Data to examine Block Start
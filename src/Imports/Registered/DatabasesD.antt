-- ===== src/Imports/Registered/DatabasesD.antt =====
-- The init function of cdk8s/imports/databasesschemaheroio/databasesschemaheroio.go, from
-- DatabaseSpecConnectionPostgresPasswordValueFrom to DatabaseSpecTemplateMetadata.
use learning_crossplane_e2e.Prelude.{List, [], ◌∷◌}
use learning_crossplane_e2e.Imports.Registry.{Registration, register_struct}

abbrev pub schemahero_databases_init_7 : List Registration
schemahero_databases_init_7 =
    register_struct "databasesschemaheroio.DatabaseSpecConnectionPostgresPasswordValueFrom"
      "DatabaseSpecConnectionPostgresPasswordValueFrom"
    ∷ register_struct
        "databasesschemaheroio.DatabaseSpecConnectionPostgresPasswordValueFromSecretKeyRef"
        "DatabaseSpecConnectionPostgresPasswordValueFromSecretKeyRef"
    ∷ register_struct "databasesschemaheroio.DatabaseSpecConnectionPostgresPasswordValueFromSsm"
        "DatabaseSpecConnectionPostgresPasswordValueFromSsm"
    ∷ register_struct
        "databasesschemaheroio.DatabaseSpecConnectionPostgresPasswordValueFromSsmAccessKeyId"
        "DatabaseSpecConnectionPostgresPasswordValueFromSsmAccessKeyId"
    ∷ register_struct
        "databasesschemaheroio.DatabaseSpecConnectionPostgresPasswordValueFromSsmAccessKeyIdValueFrom"
        "DatabaseSpecConnectionPostgresPasswordValueFromSsmAccessKeyIdValueFrom"
    ∷ register_struct
        "databasesschemaheroio.DatabaseSpecConnectionPostgresPasswordValueFromSsmAccessKeyIdValueFromSecretKeyRef"
        "DatabaseSpecConnectionPostgresPasswordValueFromSsmAccessKeyIdValueFromSecretKeyRef"
    ∷ register_struct
        "databasesschemaheroio.DatabaseSpecConnectionPostgresPasswordValueFromSsmSecretAccessKey"
        "DatabaseSpecConnectionPostgresPasswordValueFromSsmSecretAccessKey"
    ∷ register_struct
        "databasesschemaheroio.DatabaseSpecConnectionPostgresPasswordValueFromSsmSecretAccessKeyValueFrom"
        "DatabaseSpecConnectionPostgresPasswordValueFromSsmSecretAccessKeyValueFrom"
    ∷ register_struct
        "databasesschemaheroio.DatabaseSpecConnectionPostgresPasswordValueFromSsmSecretAccessKeyValueFromSecretKeyRef"
        "DatabaseSpecConnectionPostgresPasswordValueFromSsmSecretAccessKeyValueFromSecretKeyRef"
    ∷ register_struct "databasesschemaheroio.DatabaseSpecConnectionPostgresPasswordValueFromVault"
        "DatabaseSpecConnectionPostgresPasswordValueFromVault"
    ∷ register_struct "databasesschemaheroio.DatabaseSpecConnectionPostgresPort"
        "DatabaseSpecConnectionPostgresPort"
    ∷ register_struct "databasesschemaheroio.DatabaseSpecConnectionPostgresPortValueFrom"
        "DatabaseSpecConnectionPostgresPortValueFrom"
    ∷ register_struct
        "databasesschemaheroio.DatabaseSpecConnectionPostgresPortValueFromSecretKeyRef"
        "DatabaseSpecConnectionPostgresPortValueFromSecretKeyRef"
    ∷ register_struct "databasesschemaheroio.DatabaseSpecConnectionPostgresPortValueFromSsm"
        "DatabaseSpecConnectionPostgresPortValueFromSsm"
    ∷ register_struct
        "databasesschemaheroio.DatabaseSpecConnectionPostgresPortValueFromSsmAccessKeyId"
        "DatabaseSpecConnectionPostgresPortValueFromSsmAccessKeyId"
    ∷ register_struct
        "databasesschemaheroio.DatabaseSpecConnectionPostgresPortValueFromSsmAccessKeyIdValueFrom"
        "DatabaseSpecConnectionPostgresPortValueFromSsmAccessKeyIdValueFrom"
    ∷ register_struct
        "databasesschemaheroio.DatabaseSpecConnectionPostgresPortValueFromSsmAccessKeyIdValueFromSecretKeyRef"
        "DatabaseSpecConnectionPostgresPortValueFromSsmAccessKeyIdValueFromSecretKeyRef"
    ∷ register_struct
        "databasesschemaheroio.DatabaseSpecConnectionPostgresPortValueFromSsmSecretAccessKey"
        "DatabaseSpecConnectionPostgresPortValueFromSsmSecretAccessKey"
    ∷ register_struct
        "databasesschemaheroio.DatabaseSpecConnectionPostgresPortValueFromSsmSecretAccessKeyValueFrom"
        "DatabaseSpecConnectionPostgresPortValueFromSsmSecretAccessKeyValueFrom"
    ∷ register_struct
        "databasesschemaheroio.DatabaseSpecConnectionPostgresPortValueFromSsmSecretAccessKeyValueFromSecretKeyRef"
        "DatabaseSpecConnectionPostgresPortValueFromSsmSecretAccessKeyValueFromSecretKeyRef"
    ∷ register_struct "databasesschemaheroio.DatabaseSpecConnectionPostgresPortValueFromVault"
        "DatabaseSpecConnectionPostgresPortValueFromVault"
    ∷ register_struct "databasesschemaheroio.DatabaseSpecConnectionPostgresSchema"
        "DatabaseSpecConnectionPostgresSchema"
    ∷ register_struct "databasesschemaheroio.DatabaseSpecConnectionPostgresSchemaValueFrom"
        "DatabaseSpecConnectionPostgresSchemaValueFrom"
    ∷ register_struct
        "databasesschemaheroio.DatabaseSpecConnectionPostgresSchemaValueFromSecretKeyRef"
        "DatabaseSpecConnectionPostgresSchemaValueFromSecretKeyRef"
    ∷ register_struct "databasesschemaheroio.DatabaseSpecConnectionPostgresSchemaValueFromSsm"
        "DatabaseSpecConnectionPostgresSchemaValueFromSsm"
    ∷ register_struct
        "databasesschemaheroio.DatabaseSpecConnectionPostgresSchemaValueFromSsmAccessKeyId"
        "DatabaseSpecConnectionPostgresSchemaValueFromSsmAccessKeyId"
    ∷ register_struct
        "databasesschemaheroio.DatabaseSpecConnectionPostgresSchemaValueFromSsmAccessKeyIdValueFrom"
        "DatabaseSpecConnectionPostgresSchemaValueFromSsmAccessKeyIdValueFrom"
    ∷ register_struct
        "databasesschemaheroio.DatabaseSpecConnectionPostgresSchemaValueFromSsmAccessKeyIdValueFromSecretKeyRef"
        "DatabaseSpecConnectionPostgresSchemaValueFromSsmAccessKeyIdValueFromSecretKeyRef"
    ∷ register_struct
        "databasesschemaheroio.DatabaseSpecConnectionPostgresSchemaValueFromSsmSecretAccessKey"
        "DatabaseSpecConnectionPostgresSchemaValueFromSsmSecretAccessKey"
    ∷ register_struct
        "databasesschemaheroio.DatabaseSpecConnectionPostgresSchemaValueFromSsmSecretAccessKeyValueFrom"
        "DatabaseSpecConnectionPostgresSchemaValueFromSsmSecretAccessKeyValueFrom"
    ∷ register_struct
        "databasesschemaheroio.DatabaseSpecConnectionPostgresSchemaValueFromSsmSecretAccessKeyValueFromSecretKeyRef"
        "DatabaseSpecConnectionPostgresSchemaValueFromSsmSecretAccessKeyValueFromSecretKeyRef"
    ∷ register_struct "databasesschemaheroio.DatabaseSpecConnectionPostgresSchemaValueFromVault"
        "DatabaseSpecConnectionPostgresSchemaValueFromVault"
    ∷ register_struct "databasesschemaheroio.DatabaseSpecConnectionPostgresSslmode"
        "DatabaseSpecConnectionPostgresSslmode"
    ∷ register_struct "databasesschemaheroio.DatabaseSpecConnectionPostgresSslmodeValueFrom"
        "DatabaseSpecConnectionPostgresSslmodeValueFrom"
    ∷ register_struct
        "databasesschemaheroio.DatabaseSpecConnectionPostgresSslmodeValueFromSecretKeyRef"
        "DatabaseSpecConnectionPostgresSslmodeValueFromSecretKeyRef"
    ∷ register_struct "databasesschemaheroio.DatabaseSpecConnectionPostgresSslmodeValueFromSsm"
        "DatabaseSpecConnectionPostgresSslmodeValueFromSsm"
    ∷ register_struct
        "databasesschemaheroio.DatabaseSpecConnectionPostgresSslmodeValueFromSsmAccessKeyId"
        "DatabaseSpecConnectionPostgresSslmodeValueFromSsmAccessKeyId"
    ∷ []

abbrev pub schemahero_databases_init_8 : List Registration
schemahero_databases_init_8 =
    register_struct
      "databasesschemaheroio.DatabaseSpecConnectionPostgresSslmodeValueFromSsmAccessKeyIdValueFrom"
      "DatabaseSpecConnectionPostgresSslmodeValueFromSsmAccessKeyIdValueFrom"
    ∷ register_struct
        "databasesschemaheroio.DatabaseSpecConnectionPostgresSslmodeValueFromSsmAccessKeyIdValueFromSecretKeyRef"
        "DatabaseSpecConnectionPostgresSslmodeValueFromSsmAccessKeyIdValueFromSecretKeyRef"
    ∷ register_struct
        "databasesschemaheroio.DatabaseSpecConnectionPostgresSslmodeValueFromSsmSecretAccessKey"
        "DatabaseSpecConnectionPostgresSslmodeValueFromSsmSecretAccessKey"
    ∷ register_struct
        "databasesschemaheroio.DatabaseSpecConnectionPostgresSslmodeValueFromSsmSecretAccessKeyValueFrom"
        "DatabaseSpecConnectionPostgresSslmodeValueFromSsmSecretAccessKeyValueFrom"
    ∷ register_struct
        "databasesschemaheroio.DatabaseSpecConnectionPostgresSslmodeValueFromSsmSecretAccessKeyValueFromSecretKeyRef"
        "DatabaseSpecConnectionPostgresSslmodeValueFromSsmSecretAccessKeyValueFromSecretKeyRef"
    ∷ register_struct "databasesschemaheroio.DatabaseSpecConnectionPostgresSslmodeValueFromVault"
        "DatabaseSpecConnectionPostgresSslmodeValueFromVault"
    ∷ register_struct "databasesschemaheroio.DatabaseSpecConnectionPostgresUri"
        "DatabaseSpecConnectionPostgresUri"
    ∷ register_struct "databasesschemaheroio.DatabaseSpecConnectionPostgresUriValueFrom"
        "DatabaseSpecConnectionPostgresUriValueFrom"
    ∷ register_struct "databasesschemaheroio.DatabaseSpecConnectionPostgresUriValueFromSecretKeyRef"
        "DatabaseSpecConnectionPostgresUriValueFromSecretKeyRef"
    ∷ register_struct "databasesschemaheroio.DatabaseSpecConnectionPostgresUriValueFromSsm"
        "DatabaseSpecConnectionPostgresUriValueFromSsm"
    ∷ register_struct
        "databasesschemaheroio.DatabaseSpecConnectionPostgresUriValueFromSsmAccessKeyId"
        "DatabaseSpecConnectionPostgresUriValueFromSsmAccessKeyId"
    ∷ register_struct
        "databasesschemaheroio.DatabaseSpecConnectionPostgresUriValueFromSsmAccessKeyIdValueFrom"
        "DatabaseSpecConnectionPostgresUriValueFromSsmAccessKeyIdValueFrom"
    ∷ register_struct
        "databasesschemaheroio.DatabaseSpecConnectionPostgresUriValueFromSsmAccessKeyIdValueFromSecretKeyRef"
        "DatabaseSpecConnectionPostgresUriValueFromSsmAccessKeyIdValueFromSecretKeyRef"
    ∷ register_struct
        "databasesschemaheroio.DatabaseSpecConnectionPostgresUriValueFromSsmSecretAccessKey"
        "DatabaseSpecConnectionPostgresUriValueFromSsmSecretAccessKey"
    ∷ register_struct
        "databasesschemaheroio.DatabaseSpecConnectionPostgresUriValueFromSsmSecretAccessKeyValueFrom"
        "DatabaseSpecConnectionPostgresUriValueFromSsmSecretAccessKeyValueFrom"
    ∷ register_struct
        "databasesschemaheroio.DatabaseSpecConnectionPostgresUriValueFromSsmSecretAccessKeyValueFromSecretKeyRef"
        "DatabaseSpecConnectionPostgresUriValueFromSsmSecretAccessKeyValueFromSecretKeyRef"
    ∷ register_struct "databasesschemaheroio.DatabaseSpecConnectionPostgresUriValueFromVault"
        "DatabaseSpecConnectionPostgresUriValueFromVault"
    ∷ register_struct "databasesschemaheroio.DatabaseSpecConnectionPostgresUser"
        "DatabaseSpecConnectionPostgresUser"
    ∷ register_struct "databasesschemaheroio.DatabaseSpecConnectionPostgresUserValueFrom"
        "DatabaseSpecConnectionPostgresUserValueFrom"
    ∷ register_struct
        "databasesschemaheroio.DatabaseSpecConnectionPostgresUserValueFromSecretKeyRef"
        "DatabaseSpecConnectionPostgresUserValueFromSecretKeyRef"
    ∷ register_struct "databasesschemaheroio.DatabaseSpecConnectionPostgresUserValueFromSsm"
        "DatabaseSpecConnectionPostgresUserValueFromSsm"
    ∷ register_struct
        "databasesschemaheroio.DatabaseSpecConnectionPostgresUserValueFromSsmAccessKeyId"
        "DatabaseSpecConnectionPostgresUserValueFromSsmAccessKeyId"
    ∷ register_struct
        "databasesschemaheroio.DatabaseSpecConnectionPostgresUserValueFromSsmAccessKeyIdValueFrom"
        "DatabaseSpecConnectionPostgresUserValueFromSsmAccessKeyIdValueFrom"
    ∷ register_struct
        "databasesschemaheroio.DatabaseSpecConnectionPostgresUserValueFromSsmAccessKeyIdValueFromSecretKeyRef"
        "DatabaseSpecConnectionPostgresUserValueFromSsmAccessKeyIdValueFromSecretKeyRef"
    ∷ register_struct
        "databasesschemaheroio.DatabaseSpecConnectionPostgresUserValueFromSsmSecretAccessKey"
        "DatabaseSpecConnectionPostgresUserValueFromSsmSecretAccessKey"
    ∷ register_struct
        "databasesschemaheroio.DatabaseSpecConnectionPostgresUserValueFromSsmSecretAccessKeyValueFrom"
        "DatabaseSpecConnectionPostgresUserValueFromSsmSecretAccessKeyValueFrom"
    ∷ register_struct
        "databasesschemaheroio.DatabaseSpecConnectionPostgresUserValueFromSsmSecretAccessKeyValueFromSecretKeyRef"
        "DatabaseSpecConnectionPostgresUserValueFromSsmSecretAccessKeyValueFromSecretKeyRef"
    ∷ register_struct "databasesschemaheroio.DatabaseSpecConnectionPostgresUserValueFromVault"
        "DatabaseSpecConnectionPostgresUserValueFromVault"
    ∷ register_struct "databasesschemaheroio.DatabaseSpecConnectionSqlite"
        "DatabaseSpecConnectionSqlite"
    ∷ register_struct "databasesschemaheroio.DatabaseSpecSchemahero" "DatabaseSpecSchemahero"
    ∷ register_struct "databasesschemaheroio.DatabaseSpecTemplate" "DatabaseSpecTemplate"
    ∷ register_struct "databasesschemaheroio.DatabaseSpecTemplateMetadata"
        "DatabaseSpecTemplateMetadata"
    ∷ []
Data to examine Block End
* **Problem statement**:
Where in the records above does the word "DatabaseSpecConnectionPostgresUserValueFromSsmSecretAccessKeyValueFromSecretKeyRef" appear? Copy each line that holds it.

* **Written solution**:
        "databasesschemaheroio.DatabaseSpecConnectionPostgresUserValueFromSsmSecretAccessKeyValueFromSecretKeyRef"
        "DatabaseSpecConnectionPostgresUserValueFromSsmSecretAccessKeyValueFromSecretKeyRef"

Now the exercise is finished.